Richard Peterson bought a battery-and-gasoline-powered Chevrolet Volt three months ago, just as gasoline prices started to spike.

Since then, he’s managed to drive it on electric power only for his daily commute between home in Brentwood and work in Franklin. His total gasoline consumption the past 90 days has been a mere 1.2 gallons.

He laughs every time he passes a gas station and sees prices tick higher by another dime or two. The Volt, when operating only on electricity, costs about 50 cents a day to operate.

The only thing electric-and-hybrid car enthusiasts need now are more Richard Petersons. Only the Toyota Prius has turned in recent stellar sales totals, finishing among best-selling autos of all types in March, but other alternative vehicles such as the Nissan Leaf and Chevy Volt don’t come close.

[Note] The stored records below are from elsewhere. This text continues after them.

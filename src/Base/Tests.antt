-- ===== src/Base/Tests.antt =====
-- Boolean tests on the native numbers, the conditional, and case lemmas.
use Prim.Native.Nat.{ℕ, ◌≤◌, ◌<◌, compare, Ordering}
use mathlib.Core.Path.{◌≡◌, refl}
use mathlib.Core.Logic.{◌⊎◌, inl, inr}
use mathlib.Core.Bool.{Bool, true, false}
use mathlib.Core.Option.{Option, none, some}
use native.Mathlib.Omega.{arith}

abbrev pub ltb : ℕ → ℕ → Bool
ltb a b = elim (compare a b) [ Ordering.lt ↦ true | _ ↦ false ]

abbrev pub leb : ℕ → ℕ → Bool
leb a b = elim (compare a b) [ Ordering.gt ↦ false | _ ↦ true ]

infix 50 ◌==◌
abbrev pub ◌==◌ : ℕ → ℕ → Bool
a == b = elim (compare a b) [ Ordering.eq ↦ true | _ ↦ false ]

infix 1 if◌then◌else◌
abbrev pub if◌then◌else◌ {ℓ} : {A : Type ℓ} → Bool → A → A → A
if true then x else y = x
if false then x else y = y

pub Bool-cases : (b : Bool) → (b ≡ true) ⊎ (b ≡ false)
Bool-cases true = inl refl
Bool-cases false = inr refl

-- A test has one value.
pub contrary : {b : Bool} → b ≡ true → b ≡ false → ⊥
contrary {b = true} h h' = cc
contrary {b = false} h h' = cc

pub Option-cases {ℓ} : {A : Type ℓ} (o : Option A) → (o ≡ none) ⊎ ((a : A) × (o ≡ some a))
Option-cases none = inl refl
Option-cases (some a) = inr (a, refl)

-- A C array that is only read and written in range, as a function of the index.
abbrev pub update {ℓ} : {A : Type ℓ} (array : ℕ → A) (at : ℕ) (new : A) (i : ℕ) → A
update array at new i = if at == i then new else array i

-- A property of a conditional, from each branch with its test.
pub if_holds {ℓ κ} :
    {A : Type ℓ} (P : A → Type κ) (b : Bool) {x y : A}
    → (b ≡ true → P x)
    → (b ≡ false → P y)
    → P (if b then x else y)
if_holds P true p q = p refl
if_holds P false p q = q refl

-- The value of a conditional whose test fails.
pub else_taken {ℓ} :
    {A : Type ℓ} {b : Bool} (x : A) {y z : A} → b ≡ false → (if b then x else y) ≡ z → y ≡ z
else_taken {b = true} x fails h = cc
else_taken {b = false} x fails h = h

pub lt→ltb : {a b : ℕ} → a < b → ltb a b ≡ true
lt→ltb h = ground arith

pub le→ltb : {a b : ℕ} → b ≤ a → ltb a b ≡ false
le→ltb h = ground arith

pub ltb→lt : {a b : ℕ} → ltb a b ≡ true → a < b
ltb→lt h = ground arith

pub ==→≡ : {a b : ℕ} → (a == b) ≡ true → a ≡ b
==→≡ h = ground arith

-- A chain of fallible steps that gives a value has passed each of them.
pub step_passed {ℓ κ} :
    {A : Type ℓ} {B : Type κ} (o : Option A) (next : A → Option B) (r : B)
    → elim o [ none ↦ none | some a ↦ next a ] ≡ some r
    → (a : A) × (o ≡ some a) × (next a ≡ some r)
step_passed none next r h = cc
step_passed (some a) next r h = (a, refl, h)

pub guard_passed {ℓ} :
    {A : Type ℓ} (b : Bool) (o : Option A) (r : A)
    → (if b then none else o) ≡ some r
    → (b ≡ false) × (o ≡ some r)
guard_passed true o r h = cc
guard_passed false o r h = (refl, h)

-- A property of a case distinction on an option.
pub Option_holds {ℓ κ ν} :
    {A : Type ℓ} {B : Type κ} (P : B → Type ν) (o : Option A) {x : B} {f : A → B}
    → P x
    → ((a : A) → o ≡ some a → P (f a))
    → P (elim o [ none ↦ x | some a ↦ f a ])
Option_holds P none p q = p
Option_holds P (some a) p q = q a refl
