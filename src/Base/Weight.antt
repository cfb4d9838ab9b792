-- ===== src/Base/Weight.antt =====
-- Sums of a weight over a list and over the first indices. A count and a length are such sums.
use mathlib.Core.Logic.{∥∥₁_elim}
use mathlib.Core.List.{Permᴰ}
use mathlib.Core.Path.{ap₂}
use native.Mathlib.Nat.{ℕ_set}
use native.Mathlib.Decide.{dec_lt}
use preemptive_and_non_preem.Base.{
  ℕ, zero, suc, ◌+◌, ◌*◌, ◌≤◌, ◌<◌, ◌≡◌, refl, ap, inl, inr, Bool-cases, ◌∙◌, Bool, true, false,
  List, [], ◌∷◌, ◌++◌, Perm, arith, length, ◌==◌, ==→≡, if◌then◌else◌, update,
}

unfoldable pub weigh : (ℕ → ℕ) → List ℕ → ℕ
weigh g [] = 0
weigh g (x ∷ xs) = g x + weigh g xs

-- How often `p` occurs.
abbrev pub indicator : ℕ → ℕ → ℕ
indicator p x = if x == p then 1 else 0

abbrev pub count : ℕ → List ℕ → ℕ
count p xs = weigh (indicator p) xs

Permᴰ-weigh : (g : ℕ → ℕ) {xs ys : List ℕ} → Permᴰ xs ys → weigh g xs ≡ weigh g ys
unfolding weigh
Permᴰ-weigh g Permᴰ.nil = refl
Permᴰ-weigh g (Permᴰ.cons e p) = ap₂ ◌+◌ (ap g e) (Permᴰ-weigh g p)
Permᴰ-weigh g (Permᴰ.swap p q) = omega (arith, ap g p, ap g q)
Permᴰ-weigh g (Permᴰ.trans p q) = Permᴰ-weigh g p ∙ Permᴰ-weigh g q

pub weigh-perm : (g : ℕ → ℕ) {xs ys : List ℕ} → Perm xs ys → weigh g xs ≡ weigh g ys
weigh-perm g p = ∥∥₁_elim p (ℕ_set _ _) (Permᴰ-weigh g)

pub weigh-cons : (g : ℕ → ℕ) (x : ℕ) (xs : List ℕ) → weigh g (x ∷ xs) ≡ g x + weigh g xs
unfolding weigh
weigh-cons g x xs = refl

pub weigh-nil : (g : ℕ → ℕ) → weigh g [] ≡ 0
unfolding weigh
weigh-nil g = refl

pub weigh-append : (g : ℕ → ℕ) (xs ys : List ℕ) → weigh g (xs ++ ys) ≡ weigh g xs + weigh g ys
unfolding weigh
weigh-append g [] ys = omega arith
weigh-append g (x ∷ xs) ys = omega (arith, weigh-append g xs ys)

pub weigh-one : (xs : List ℕ) → weigh (λ x. 1) xs ≡ length xs
unfolding weigh
weigh-one [] = refl
weigh-one (x ∷ xs) = omega (arith, weigh-one xs)

-- The weight of the entries that a test marks.
abbrev pub marked : (ℕ → Bool) → (ℕ → ℕ) → ℕ → ℕ
marked test g x = if test x then g x else 0

-- Marking one more entry adds its weight once for each time that it occurs.
pub weigh-marked :
    (test : ℕ → Bool) (g : ℕ → ℕ) (p : ℕ) (xs : List ℕ)
    → test p ≡ false
    → weigh (marked (update test p true) g) xs ≡ weigh (marked test g) xs + count p xs * g p
unfolding weigh
weigh-marked test g p [] h = omega arith
weigh-marked test g p (x ∷ xs) h =
    let ih = weigh-marked test g p xs h in
    elim (Bool-cases (p == x)) [
      | inl e ↦ ground (arith, ih, ==→≡ {a = p} {b = x} e)
      | inr e ↦ ground (arith, ih)
    ]

-- Where `p` is marked, all its occurrences are.
pub weigh-marked_self :
    (test : ℕ → Bool) (p : ℕ) (xs : List ℕ)
    → test p ≡ true
    → weigh (marked test (indicator p)) xs ≡ count p xs
unfolding weigh
weigh-marked_self test p [] h = refl
weigh-marked_self test p (x ∷ xs) h =
    let ih = weigh-marked_self test p xs h in
    elim (Bool-cases (x == p)) [
      | inl e ↦ ground (arith, ih, ==→≡ {a = x} {b = p} e)
      | inr e ↦ ground (arith, ih)
    ]

-- Sums over the indices below `k`.
unfoldable pub total : (ℕ → ℕ) → ℕ → ℕ
total g zero = 0
total g (suc k) = total g k + g k

pub total-update_above : (g : ℕ → ℕ) (c v k : ℕ) → k ≤ c → total (update g c v) k ≡ total g k
unfolding total
total-update_above g c v zero h = refl
total-update_above g c v (suc k) h = ground (arith, total-update_above g c v k)

-- Changing one value changes the sum by the difference.
pub total-update : (g : ℕ → ℕ) (c v k : ℕ) → c < k → total (update g c v) k + g c ≡ total g k + v
unfolding total
total-update g c v zero h = absurd (omega arith)
total-update g c v (suc k) h = elim (dec_lt c k) [
  | yes below ↦ ground (arith, total-update g c v k below)
  | no last ↦ ground (arith, total-update_above g c v k)
]
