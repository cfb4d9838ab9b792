-- ===== src/Base/Counts.antt =====
-- Lists of numbers up to order: how often each number occurs says all.
use mathlib.Core.List.Perm
use preemptive_and_non_preem.Base.Tests.{◌==◌, Bool-cases, ==→≡}
use preemptive_and_non_preem.Base.Weight.{
  weigh, weigh-perm, weigh-cons, weigh-nil, count, indicator,
}
use Prim.Native.Nat.{ℕ, ◌<◌}
use mathlib.Core.Path.{◌≡◌, refl, subst}
use mathlib.Core.Logic.{inl, inr}
use mathlib.Core.List.{List, [], ◌∷◌, Perm}
use native.Mathlib.Omega.{arith}

pub count-head : (x : ℕ) (xs : List ℕ) → 0 < count x (x ∷ xs)
unfolding weigh
count-head x xs = ground arith

-- A number that occurs can be moved to the front.
take_out : (x : ℕ) (ys : List ℕ) → 0 < count x ys → (zs : List ℕ) × Perm ys (x ∷ zs)
unfolding weigh
take_out x [] h = absurd (omega arith)
take_out x (y ∷ ys) h = elim (Bool-cases (y == x)) [
  | inl e ↦ (ys, subst (λ z. Perm (y ∷ ys) (z ∷ ys)) (==→≡ {a = y} {b = x} e) Perm.rfl)
  | inr apart ↦
      let (zs, moved) = take_out x ys (ground (arith, apart, h)) in
      (y ∷ zs, Perm.trans (Perm.cons y moved) (Perm.swap x y zs))
]

pub nothing_counts : (xs : List ℕ) → ((y : ℕ) → ¬ (0 < count y xs)) → xs ≡ []
nothing_counts [] h = refl
nothing_counts (x ∷ xs) h = absurd (h x (count-head x xs))

-- Lists that hold every number equally often are permutations of each other.
pub counts-perm : (xs ys : List ℕ) → ((y : ℕ) → count y xs ≡ count y ys) → Perm xs ys
counts-perm [] ys h =
    let e : ys ≡ [] = nothing_counts ys (λ y q. omega (arith, h y, q, weigh-nil (indicator y))) in
    rw e Perm.rfl
counts-perm (x ∷ xs) ys h =
    let (zs, moved) = take_out x ys (omega (arith, h x, count-head x xs)) in
    Perm.trans
      (Perm.cons x (
        counts-perm xs zs (λ y. omega (
          arith,
          h y,
          weigh-perm (indicator y) moved,
          weigh-cons (indicator y) x xs,
          weigh-cons (indicator y) x zs,
        ))))
      (Perm.symm moved)
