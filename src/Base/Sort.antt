-- ===== src/Base/Sort.antt =====
-- The C library's `qsort`, for a comparison given as "not after": the result is the sorted list.
use mathlib.Core.List.Perm
use preemptive_and_non_preem.Base.{
  ℕ, zero, suc, ◌<◌, ◌≡◌, Bool, true, false, List, [], ◌∷◌, Perm, if◌then◌else◌, if_holds, length,
  get_or, arith,
}

module _ {A : Type 0} (le : A → A → Bool) where
  unfoldable pub insert : A → List A → List A
  insert x [] = x ∷ []
  insert x (y ∷ ys) = if le x y then x ∷ y ∷ ys else y ∷ insert x ys

  unfoldable pub qsort : List A → List A
  unfolding insert
  qsort [] = []
  qsort (x ∷ xs) = insert x (qsort xs)

  pub insert-perm : (x : A) (ys : List A) → Perm (insert x ys) (x ∷ ys)
  unfolding insert
  insert-perm x [] = Perm.rfl
  insert-perm x (y ∷ ys) =
      if_holds (λ r. Perm r (x ∷ y ∷ ys)) (le x y) (λ _. Perm.rfl)
        (λ _. Perm.trans (Perm.cons y (insert-perm x ys)) (Perm.swap x y ys))

  pub qsort-perm : (xs : List A) → Perm (qsort xs) xs
  unfolding qsort
  qsort-perm [] = Perm.rfl
  qsort-perm (x ∷ xs) = Perm.trans (insert-perm x (qsort xs)) (Perm.cons x (qsort-perm xs))

  -- Before every entry of a list, and a list in order.
  abbrev pub AllAfter : A → List A → Type 0
  AllAfter x [] = Unit {0}
  AllAfter x (y ∷ ys) = (le x y ≡ true) × AllAfter x ys

  abbrev pub InOrder : List A → Type 0
  InOrder [] = Unit {0}
  InOrder (x ∷ xs) = AllAfter x xs × InOrder xs

  module _ (trans : (x y z : A) → le x y ≡ true → le y z ≡ true → le x z ≡ true)
      (total : (x y : A) → le x y ≡ false → le y x ≡ true) where
    AllAfter-below : (x y : A) (ys : List A) → le x y ≡ true → AllAfter y ys → AllAfter x ys
    AllAfter-below x y [] h after = tt
    AllAfter-below x y (z ∷ zs) h (here, after) =
        (trans x y z h here, AllAfter-below x y zs h after)

    AllAfter-insert :
        (z x : A) (ys : List A) → le z x ≡ true → AllAfter z ys → AllAfter z (insert x ys)
    unfolding insert
    AllAfter-insert z x [] h after = (h, tt)
    AllAfter-insert z x (y ∷ ys) h (here, after) =
        if_holds (AllAfter z) (le x y) (λ _. (h, (here, after)))
          (λ _. (here, AllAfter-insert z x ys h after))

    insert-InOrder : (x : A) (ys : List A) → InOrder ys → InOrder (insert x ys)
    unfolding insert
    insert-InOrder x [] h = (tt, tt)
    insert-InOrder x (y ∷ ys) (after, h) =
        if_holds InOrder (le x y)
          (λ first. ((first, AllAfter-below x y ys first after), (after, h)))
          (λ later. (AllAfter-insert y x ys (total x y later) after, insert-InOrder x ys h))

    pub qsort-InOrder : (xs : List A) → InOrder (qsort xs)
    unfolding qsort
    qsort-InOrder [] = tt
    qsort-InOrder (x ∷ xs) = insert-InOrder x (qsort xs) (qsort-InOrder xs)

  AllAfter-at :
      (x d : A) (ys : List A) (j : ℕ) → AllAfter x ys → j < length ys → le x (get_or ys j d) ≡ true
  AllAfter-at x d [] j after h = absurd (omega (arith, h))
  AllAfter-at x d (y ∷ ys) zero (here, after) h = here
  AllAfter-at x d (y ∷ ys) (suc j) (here, after) h = AllAfter-at x d ys j after (omega (arith, h))

  -- Two positions of a list in order.
  pub InOrder-at :
      (d : A) (xs : List A) (i j : ℕ)
      → InOrder xs
      → i < j
      → j < length xs
      → le (get_or xs i d) (get_or xs j d) ≡ true
  InOrder-at d [] i j ordered lt h = absurd (omega (arith, h))
  InOrder-at d (x ∷ xs) i zero ordered lt h = absurd (omega (arith, lt))
  InOrder-at d (x ∷ xs) zero (suc j) (after, ordered) lt h =
      AllAfter-at x d xs j after (omega (arith, h))
  InOrder-at d (x ∷ xs) (suc i) (suc j) (after, ordered) lt h =
      InOrder-at d xs i j ordered (omega (arith, lt)) (omega (arith, h))
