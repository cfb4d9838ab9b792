-- ===== src/Core.antt =====
-- include/sched/core.h: processes, workloads and status codes. Messages of `SchedError` are text
-- for the user and are not modelled; an allocation asks the caller's `alloc` whether it succeeds.
use preemptive_and_non_preem.Base.{ℕ, ◌-◌, ◌^◌, Bool, false, List, [], ◌∷◌, ◌||◌, ltb, take, drop}
use preemptive_and_non_preem.Base.Int.{ℤ, pos, negsuc}

pub record Process : Type 0 where
  pub pid : ℤ
  pub arrival : ℤ
  pub burst : ℤ
  pub io : ℤ
  pub priority : ℤ
  pub tickets : ℤ
  pub nice : ℤ
  pub phase_start : ℕ
  pub phase_count : ℕ

-- `len` and `phases_len` are the lengths of the lists.
pub record Workload : Type 0 where
  pub items : List Process
  pub cap : ℕ
  pub phases : List ℤ
  pub phases_cap : ℕ

pub data SchedStatus : Type 0 where
  ok e_input e_usage e_io e_nomem : SchedStatus

abbrev pub size_max : ℕ
size_max = 2 ^ 64 - 1

abbrev pub default_priority : ℤ
default_priority = pos 0

abbrev pub default_tickets : ℤ
default_tickets = pos 100

abbrev pub default_nice : ℤ
default_nice = pos 0

abbrev pub max_tickets : ℤ
max_tickets = pos (2 ^ 20)

abbrev pub min_nice : ℤ
min_nice = negsuc 19

abbrev pub max_nice : ℤ
max_nice = pos 19

unfoldable pub process_make : ℤ → ℤ → ℤ → Process
process_make pid arrival burst = record {
  pid = pid;
  arrival = arrival;
  burst = burst;
  io = pos 0;
  priority = default_priority;
  tickets = default_tickets;
  nice = default_nice;
  phase_start = 0;
  phase_count = 0;
}

unfoldable pub workload_init : Workload
workload_init = record { items = []; cap = 0; phases = []; phases_cap = 0 }

-- The phases of a process: its range of the pool.
abbrev pub workload_phases : Workload → Process → List ℤ
workload_phases w p = take p.phase_count (drop p.phase_start w.phases)

has_io_from : List Process → Bool
has_io_from [] = false
has_io_from (p ∷ ps) = ltb 1 p.phase_count || has_io_from ps

unfoldable pub workload_has_io : Workload → Bool
unfolding has_io_from
workload_has_io w = has_io_from w.items
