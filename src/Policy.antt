-- ===== src/Policy.antt =====
-- include/sched/policy.h: the view that the engine lends to a policy, parameters, slices, and the
-- record of hooks. A validated workload has no negative time, pid or ticket count, so these are
-- read as natural numbers; a priority and a nice value stay signed.
pub mod Contract
use preemptive_and_non_preem.Base.{
  ℕ, ◌+◌, ◌-◌, ◌*◌, ◌^◌, ◌<◌, ◌≡◌, ◌≢◌, Bool, true, false, Option, none, some, List, ltb, ◌==◌,
  if◌then◌else◌, length, get_or,
}
use preemptive_and_non_preem.Base.Int.{ℤ, pos, pos_part, int64_max}
use preemptive_and_non_preem.Core.{Process}

-- The operations of C's `double` that the program uses, over a type of their own.
pub record Float (D : Type 0) : Type 0 where
  pub of_i64 : ℕ → D
  pub add : D → D → D
  pub sub : D → D → D
  pub mul : D → D → D
  pub lt : D → D → Bool
  pub le : D → D → Bool
  pub is_finite : D → Bool

pub record View (D : Type 0) : Type 0 where
  pub procs : List Process
  pub n : ℕ
  pub cores : ℕ
  pub cs_cost : ℕ
  pub now : ℕ
  pub remaining : ℕ → ℕ
  pub burst_len : ℕ → ℕ
  pub predicted : Option (ℕ → D)

pub record PolicyParams : Type 0 where
  pub quantum : ℤ
  pub aging : ℕ
  pub mlfq_levels : ℕ
  pub mlfq_quanta : ℕ → ℕ
  pub mlfq_allotment : ℕ → ℕ
  pub mlfq_boost : ℕ
  pub seed : ℕ
  pub cfs_latency : ℕ
  pub cfs_min_gran : ℕ

-- The level arrays of the C struct have 16 entries; `2 << l` is `2 * 2 ^ l`.
unfoldable pub policy_params_default : PolicyParams
policy_params_default = record {
  quantum = pos 2;
  aging = 0;
  mlfq_levels = 3;
  mlfq_quanta = λ l. 2 * 2 ^ l;
  mlfq_allotment = λ l. 2 * 2 ^ l;
  mlfq_boost = 0;
  seed = 1;
  cfs_latency = 24;
  cfs_min_gran = 3;
}

pub record Slice : Type 0 where
  pub proc : ℕ
  pub length : ℕ
  pub deadline : ℕ

abbrev pub no_deadline : ℕ
no_deadline = int64_max

-- A policy with private state `S`. The hooks that C allows to be NULL are options; `next_slice`
-- returns the slice, or `none` for false, with the new state.
pub record Policy (D S : Type 0) : Type 0 where
  pub preemptive : Bool
  pub preempt_on_ready : Bool
  pub uses_quantum : Bool
  pub uses_estimates : Bool
  pub work_conserving : Bool
  pub offline : Bool
  pub create : View D → PolicyParams → Option S
  pub on_arrival : View D → S → ℕ → S
  pub on_ready : Option (View D → S → ℕ → S)
  pub next_slice : View D → S → Option Slice × S
  pub on_preempt : Option (View D → S → ℕ → ℕ → S)
  pub on_block : Option (View D → S → ℕ → ℕ → S)
  pub on_complete : Option (View D → S → ℕ → ℕ → S)

abbrev no_process : Process
no_process = record {
  pid = pos 0;
  arrival = pos 0;
  burst = pos 0;
  io = pos 0;
  priority = pos 0;
  tickets = pos 0;
  nice = pos 0;
  phase_start = 0;
  phase_count = 0;
}

-- `procs[p]`
abbrev pub proc_at : List Process → ℕ → Process
proc_at procs p = get_or procs p no_process

abbrev pub arrival_of : List Process → ℕ → ℕ
arrival_of procs p = pos_part (proc_at procs p).arrival

abbrev pub pid_of : List Process → ℕ → ℕ
pid_of procs p = pos_part (proc_at procs p).pid

-- No two processes have the same pid.
abbrev pub HasDistinctPids : List Process → Type 0
HasDistinctPids procs =
    (x y : ℕ) → x < length procs → y < length procs → x ≢ y → pid_of procs x ≢ pid_of procs y

-- Ties are broken by (arrival, pid).
abbrev pub earlier : List Process → ℕ → ℕ → Bool
earlier procs a b =
    if arrival_of procs a == arrival_of procs b
    then ltb (pid_of procs a) (pid_of procs b)
    else ltb (arrival_of procs a) (arrival_of procs b)

-- The sign of a comparison.
pub data Sign : Type 0 where
  before same after : Sign

pub cmp_ℕ : ℕ → ℕ → Sign
cmp_ℕ a b = if ltb b a then after else if ltb a b then before else same

module _ {D : Type 0} (f : Float D) where
  pub cmp_float : D → D → Sign
  cmp_float a b = if f.lt b a then after else if f.lt a b then before else same

  unfoldable pub sched_cmp_expected_burst : View D → ℕ → ℕ → Sign
  unfolding cmp_ℕ cmp_float
  sched_cmp_expected_burst v a b = elim v.predicted [
    | none ↦ cmp_ℕ (v.burst_len a) (v.burst_len b)
    | some tau ↦ cmp_float (tau a) (tau b)
  ]

  -- The prediction less the ticks run, or 0 if that is negative.
  pub left_of_prediction : View D → (ℕ → D) → ℕ → D
  left_of_prediction v tau p =
      let left = f.sub (tau p) (f.of_i64 (v.burst_len p - v.remaining p)) in
      if f.lt left (f.of_i64 0) then f.of_i64 0 else left

  unfoldable pub sched_cmp_expected_remaining : View D → ℕ → ℕ → Sign
  unfolding cmp_ℕ cmp_float left_of_prediction
  sched_cmp_expected_remaining v a b = elim v.predicted [
    | none ↦ cmp_ℕ (v.remaining a) (v.remaining b)
    | some tau ↦ cmp_float (left_of_prediction v tau a) (left_of_prediction v tau b)
  ]
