-- ===== src/Util/Checked.antt =====
-- include/sched/checked.h: addition and subtraction of `int64_t` that report an overflow.
-- An `int64_t` is an integer with a range; `none` is the result `false`.
use preemptive_and_non_preem.Base.{◌≡◌, ◌↔◌, ◌&&◌, ◌||◌, Option, none, some, arith, if◌then◌else◌}
use preemptive_and_non_preem.Base.Int.{ℤ, pos, ◌+ℤ◌, ◌-ℤ◌, ltb_ℤ, i64_max, i64_min, IsI64}

unfoldable pub ck_add_i64 : ℤ → ℤ → Option ℤ
ck_add_i64 a b =
    if (ltb_ℤ (pos 0) b && ltb_ℤ (i64_max -ℤ b) a) || (ltb_ℤ b (pos 0) && ltb_ℤ a (i64_min -ℤ b))
    then none
    else some (a +ℤ b)

unfoldable pub ck_sub_i64 : ℤ → ℤ → Option ℤ
ck_sub_i64 a b =
    if (ltb_ℤ b (pos 0) && ltb_ℤ (i64_max +ℤ b) a) || (ltb_ℤ (pos 0) b && ltb_ℤ a (i64_min +ℤ b))
    then none
    else some (a -ℤ b)

-- Whatever the two `int64_t` are, `ck_add_i64` returns their sum exactly when it fits in 64 bits.
pub ck_add_i64-exact :
    (a b c : ℤ) → IsI64 a → IsI64 b → (ck_add_i64 a b ≡ some c) ↔ ((c ≡ a +ℤ b) × IsI64 c)
unfolding ck_add_i64 ◌+ℤ◌ ◌-ℤ◌
ck_add_i64-exact a b c ha hb = (λ e. ground arith, λ h. ground arith)

-- Whatever the two `int64_t` are, `ck_sub_i64` returns their difference exactly when it fits.
pub ck_sub_i64-exact :
    (a b c : ℤ) → IsI64 a → IsI64 b → (ck_sub_i64 a b ≡ some c) ↔ ((c ≡ a -ℤ b) × IsI64 c)
unfolding ck_sub_i64 ◌+ℤ◌ ◌-ℤ◌
ck_sub_i64-exact a b c ha hb = (λ e. ground arith, λ h. ground arith)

The Leaf was delivered to fewer than 600 buyers in March nationwide, while the Prius tallied more than 18,000 sales. The Volt, which is the most expensive of mainstream hybrids and electrics, registered just under 2,300 sales last month.

“Consumers aren’t ready to embrace pure electrics such as the Leaf in significant numbers yet, even with the higher gas prices,” said Jim Hall of auto consulting firm 2953 Analytics in Detroit.

“It’s a new technology, and it requires too many compromises,” he said. “You have to have your own charger and your own garage, and you have to plug it in.”